Texas Water Planning and the Endangered Species Act

The U.S. Fish and Wildlife Service (the Service) — the federal agency charged with implementing the Endangered Species Act — is required by a court order to decide the regulatory fate of more than 700 species of plants and animals by the end of 2018. As part of a 2011 settlement agreement between the Service and environmental groups, the agency must decide whether to list certain species as “endangered” or “threatened,” and thereby invoke the suite of federal protections that apply to listed species. Approximately twenty of the species on the Service’s list (the work plan) occur in Texas; sixteen of them are aquatic species living in the rivers and springs of our State.[1]

The Service has already made listing decisions for the majority of the aquatic species in Texas on the work plan. In October 2013, the Service revised the critical habitat designations for three endangered species living in Comal Springs, adding additional subsurface habitat to the designation.[2] Last July, the Service listed a group of West Texas invertebrates as “endangered” and designated critical habitat for the species.[3] Last August, the Service listed the Jollyville Plateau salamander as “threatened” and the Austin blind salamander as “endangered,” listing critical habitat for both these species as well.[4] And finally, this past February, the Service listed the Salado salamander and the Georgetown salamander as “threatened” under the Act.[5] The sharpnose and smalleye shiners – two species of minnows located in the upper Brazos River – and the Texas hornshell – a freshwater mussel found in the Rio Grande and the Devil’s River – are still awaiting their listing fate. (For an overview of the location of these workplan species in Texas, please reference this map.) The Service must make a proposed listing determination for the Texas hornshell in fiscal year 2015 and a final listing determination for the shiners this year.[6]

With the passage of Proposition 6 by voters, which allocates $2 billion from Texas’ Rainy Day Fund for the Texas Water Development Board to use toward financing water projects, the state has significant new resources with which to push water projects forward to address projected future water demands.  The listing of aquatic species that could be impacted by a proposed project would trigger the ESA’s requirement for federal approval, a process that can be cumbersome and lengthy.

The reality, however, is that the listing of these aquatic species by the Service would only impact a small number of water projects recommended in the State Water Plan, mainly those projects planned in the upper Brazos River and one in the Rio Grande.
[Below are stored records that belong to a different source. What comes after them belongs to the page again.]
-- ===== src/Proxy/Transport/Pool.antt =====
-- The pool of buffers, `proxyBufferPool` of main.go over `sync.Pool`.
use s3proxy4gcs.Base.{
  ℕ, zero, suc, ◌≡◌, refl, sym, ap, ◌∙◌, inl, inr, Option, none, some, List, [], ◌∷◌, All, length,
  arith, Option-cases,
}
use mathlib.Core.Path.{subst}
use mathlib.Core.Option.{some-ne-none, some-injective}

-- The size of a new buffer, and the buffers that were put back, a buffer being its bytes.
pub record ProxyBufferPool : Type 0 where
  pub size : ℕ
  pub free : List (List ℕ)

unfoldable pub new_proxy_buffer_pool : ℕ → ProxyBufferPool
new_proxy_buffer_pool size = record { size = size; free = [] }

zeros : ℕ → List ℕ
zeros zero = []
zeros (suc n) = 0 ∷ zeros n

-- The item at the place, and the others.
take_out : {A : Type 0} → ℕ → List A → Option (A × List A)
take_out i [] = none
take_out zero (x ∷ xs) = some (x, xs)
take_out (suc i) (x ∷ xs) = elim (take_out i xs) [ none ↦ none | some (y, ys) ↦ some (y, x ∷ ys) ]

abbrev given : ProxyBufferPool → Option (List ℕ × List (List ℕ)) → List ℕ × ProxyBufferPool
given pool none = (zeros pool.size, pool)
given pool (some (b, free)) = (b, record pool { free = free })

-- `Get`: `sync.Pool` gives any of the buffers that were put back, or a new one. Which one it gives
-- is an argument, a place or none.
unfoldable pub get : Option ℕ → ProxyBufferPool → List ℕ × ProxyBufferPool
unfolding take_out zeros
get none pool = given pool none
get (some i) pool = given pool (take_out i pool.free)

unfoldable pub put : List ℕ → ProxyBufferPool → ProxyBufferPool
put b pool = record pool { free = b ∷ pool.free }

-- What the reverse proxies do with the pool: they take a buffer, or put back one of those that they
-- have taken, given by its place.
pub data Use : Type 0 where
  takes : Option ℕ → Use
  gives : ℕ → Use

-- The pool, and the buffers that the reverse proxies hold.
pub record Buffers : Type 0 where
  pub pool : ProxyBufferPool
  pub held : List (List ℕ)

abbrev given_back : Buffers → Option (List ℕ × List (List ℕ)) → Buffers
given_back s none = s
given_back s (some (b, held)) = record { pool = put b s.pool; held = held }

unfoldable pub use_pool : Buffers → Use → Buffers
unfolding get put take_out
use_pool s (takes choice) =
    let (b, pool) = get choice s.pool in record { pool = pool; held = b ∷ s.held }
use_pool s (gives i) = given_back s (take_out i s.held)

unfoldable pub run : Buffers → List Use → Buffers
unfolding use_pool
run s [] = s
run s (u ∷ us) = run (use_pool s u) us

-- All the buffers, those in the pool and those that are held, have the size of the pool.
pub record IsUniform (size : ℕ) (s : Buffers) : Type 0 where
  pub sized : s.pool.size ≡ size
  pub in_pool : All (λ b. length b ≡ size) s.pool.free
  pub in_use : All (λ b. length b ≡ size) s.held

length-zeros : (n : ℕ) → length (zeros n) ≡ n
unfolding zeros
length-zeros zero = refl
length-zeros (suc n) = ap suc (length-zeros n)

take_out-All :
    {A : Type 0} (P : A → Type 0) (i : ℕ) (xs : List A) (y : A) (ys : List A)
    → All P xs
    → take_out i xs ≡ some (y, ys)
    → P y × All P ys
unfolding take_out
take_out-All P i [] y ys h e = absurd (some-ne-none (y, ys) (sym e))
take_out-All P zero (x ∷ xs) y ys (p, h) e =
    let same = some-injective _ _ e in
    (subst P (ap (λ q. q.0) same) p, subst (All P) (ap (λ q. q.1) same) h)
take_out-All {A} P (suc i) (x ∷ xs) y ys (p, h) e = elim (Option-cases (take_out i xs)) [
  | inl missing ↦ absurd (ground (arith, e, missing))
  | inr ((z, zs), found) ↦
      let (q, k) = take_out-All P i xs z zs h found in
      let same : ◌≡◌ {A = A × List A} (z, x ∷ zs) (y, ys) =
        some-injective _ _ (ground (arith, e, found)) in
      (subst P (ap (λ t. t.0) same) q, subst (All P) (ap (λ t. t.1) same) (p, k))
]

module _ (size : ℕ) where
  given-IsUniform :
      (s : Buffers) (o : Option (List ℕ × List (List ℕ)))
      → IsUniform size s
      → ((b : List ℕ) (free : List (List ℕ))
          → o ≡ some (b, free)
          → (length b ≡ size) × All (λ c. length c ≡ size) free)
      → IsUniform size (let (b, pool) = given s.pool o in record { pool = pool; held = b ∷ s.held })
  given-IsUniform s none h found = record {
    sized = h.sized;
    in_pool = h.in_pool;
    in_use = (length-zeros s.pool.size ∙ h.sized, h.in_use);
  }
  given-IsUniform s (some (b, free)) h found =
      let (fits, rest) = found b free refl in
      record { sized = h.sized; in_pool = rest; in_use = (fits, h.in_use) }

  given_back-IsUniform :
      (s : Buffers) (o : Option (List ℕ × List (List ℕ)))
      → IsUniform size s
      → ((b : List ℕ) (held : List (List ℕ))
          → o ≡ some (b, held)
          → (length b ≡ size) × All (λ c. length c ≡ size) held)
      → IsUniform size (given_back s o)
  unfolding put
  given_back-IsUniform s none h found = h
  given_back-IsUniform s (some (b, held)) h found =
      let (fits, rest) = found b held refl in
      record { sized = h.sized; in_pool = (fits, h.in_pool); in_use = rest }

  use_pool-IsUniform : (s : Buffers) (u : Use) → IsUniform size s → IsUniform size (use_pool s u)
  unfolding use_pool get
  use_pool-IsUniform s (takes none) h =
      given-IsUniform s none h (λ b free e. absurd (some-ne-none (b, free) (sym e)))
  use_pool-IsUniform s (takes (some i)) h =
      given-IsUniform s (take_out i s.pool.free) h
        (λ b free. take_out-All (λ c. length c ≡ size) i s.pool.free b free h.in_pool)
  use_pool-IsUniform s (gives i) h =
      given_back-IsUniform s (take_out i s.held) h
        (λ b held. take_out-All (λ c. length c ≡ size) i s.held b held h.in_use)

  run-IsUniform : (s : Buffers) (us : List Use) → IsUniform size s → IsUniform size (run s us)
  unfolding run
  run-IsUniform s [] h = h
  run-IsUniform s (u ∷ us) h = run-IsUniform (use_pool s u) us (use_pool-IsUniform s u h)

  -- However the reverse proxies take buffers from the pool and put them back, and whichever of them
  -- the pool hands out again, every buffer that they hold has the configured size.
  pub run-new_proxy_buffer_pool :
      (us : List Use)
      → All
          (λ b. length b ≡ size)
          (run (record { pool = new_proxy_buffer_pool size; held = [] }) us).held
  unfolding new_proxy_buffer_pool
  run-new_proxy_buffer_pool us =
      (run-IsUniform (record { pool = record { size = size; free = [] }; held = [] }) us
        (record { sized = refl; in_pool = tt; in_use = tt })).in_use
This is because the bulk of the water projects recommended in the State Water Plan focus on surface water and the majority of the species either recently listed or that may be listed in the near future depend on groundwater for survival.      The water management strategies recommended in the State Water Plan indicate a shift from reliance on groundwater to surface water in Texas.[7] According to the State Water Plan, “[s]urface water strategies, excluding desalination and non-traditional strategies, compose about 51 percent of the recommended volume of new water, compared to 9 percent from groundwater strategies in the 2012 State Water Plan.”[8] All but three of the sixteen aquatic species on the Service’s work plan rely primarily on groundwater sources for survival. The Pecos amphipod, Gonzales springsnail, diamond tryonia snail, amphipod diminutive, phantom springsnail, and phantom tryonia snail live in spring systems supported by aquifers in the Pecos River drainage basin in West Texas. The salamanders of Central Texas (Austin blind, Jollyville Plateau, Georgetown, and Salado), the Comal Springs beetles, and the Peck’s Cave amphipod all depend on Edwards Aquifer water for habitat. Only the sharpnose and smalleye shiners and the Texas hornshell rely exclusively on surface water. These are the three species for which the Service has not yet made a listing determination.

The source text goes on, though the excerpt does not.